Mentioned this in another thread, but I opened up Google Maps and found the nearest big city, Sac (I was in Tahoe at the time). That decision sparked an incredible chain of events


----------



## Koala (May 29, 2019)

Was hitching out of Flagstaff, AZ to Needles, CA with @croc and a guy picked us up and said, "I can't drive you ther cause I have warrents in Cali, but I'll buy you Amtrak tickets there if you come with me to Sedona. Also I have a dank jug of beer in the car we can share." And that was that. It was such a gorgeous drive and day down in Sedona!
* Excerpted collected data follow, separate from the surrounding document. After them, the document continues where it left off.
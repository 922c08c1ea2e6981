-- ===== src/Tests/Progress.antt =====
-- internal/service/wallet.go: requests with nothing in their way.
use go_ewallet_backend.Prelude.{◌≡◌, refl, subst, arith, String, some}
use go_ewallet_backend.Prelude.Int.{◌+ℤ◌}
use go_ewallet_backend.Model.{TransferResponse}
use go_ewallet_backend.Runtime.{Env, World, ok}
use go_ewallet_backend.Service.Reference.{reference_name}
use go_ewallet_backend.Service.Wallet.Transfer.{transfer_with_idempotency}
use go_ewallet_backend.Service.Wallet.Transfer.Ready.{
  IsReady, IsNewReference, GivesReferences, HasNewIds,
}
use go_ewallet_backend.Service.Wallet.Transfer.Receipt.{Receipt}
use go_ewallet_backend.Service.Wallet.Transfer.Succeeds.{transfer-succeeds}
use go_ewallet_backend.Tests.Fixture.{calm, start, start-IsSound, coffee, wallet_of}

-- Surroundings whose dice always fall the same way.
abbrev steady : Env
steady = record calm { random_hex = λ bytes n. some "0a1b2c3d" }

steady-IsReady : IsReady steady 11 "k1" coffee start.committed
unfolding ◌+ℤ◌
steady-IsReady = record {
  sender = wallet_of 1 50000;
  recipient = wallet_of 2 0;
  sent_by = refl;
  sent_to = refl;
  distinct = refl;
  positive = ground arith;
  covered = ground arith;
  room = ground arith;
  account = refl;
  keyed = refl;
  unused_key = refl;
  text = _;
  marshalled = refl;
}

steady-GivesReferences : GivesReferences steady start.committed
steady-GivesReferences = record {
  random_given = λ n. ("0a1b2c3d", refl);
  reference_new = λ n hex h.
      subst (λ x. IsNewReference (reference_name "TRF" "20260101000000" x) start.committed)
        (known hex h) (record { nonempty = refl; no_transfer = refl; no_entry = refl });
}
  where
    known : (hex : String) → some "0a1b2c3d" ≡ some hex → "0a1b2c3d" ≡ hex
    known hex h = ground arith

start-HasNewIds : HasNewIds start.committed start.seq
start-HasNewIds = record {
  new_key_id = refl;
  new_key_reference = refl;
  new_transfer = refl;
  new_entry = refl;
  new_second_entry = refl;
  new_event = refl;
}

transfer-succeeds_example :
    (r : TransferResponse) × (w' : World) × (transfer_with_idempotency steady 11 "k1" coffee start
      ≡ (ok r, w'))
    × Receipt 11 coffee start.committed r w'.committed
transfer-succeeds_example =
    transfer-succeeds steady 11 "k1" coffee start (λ n. refl) steady-IsReady start-IsSound.0
      steady-GivesReferences start-HasNewIds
Never would have ended up there otherwise since it wasn't on our planned route.


----------



## Deleted member 24782 (May 29, 2019)

OMG story of my life, where to begin.....


----------



## RoadFlower33 (May 29, 2019)

Brodiesel710 said:


> OMG story of my life, where to begin.....


At birth. Let's hear it all...


----------



## Deleted member 24782 (May 29, 2019)

HAHA, fuck no. I'd get banned.


----------



## Deleted member 24782 (May 29, 2019)

BirdDaddy said:


> At birth. Let's hear it all...



HAHA, fuck no. I'd get banned.


----------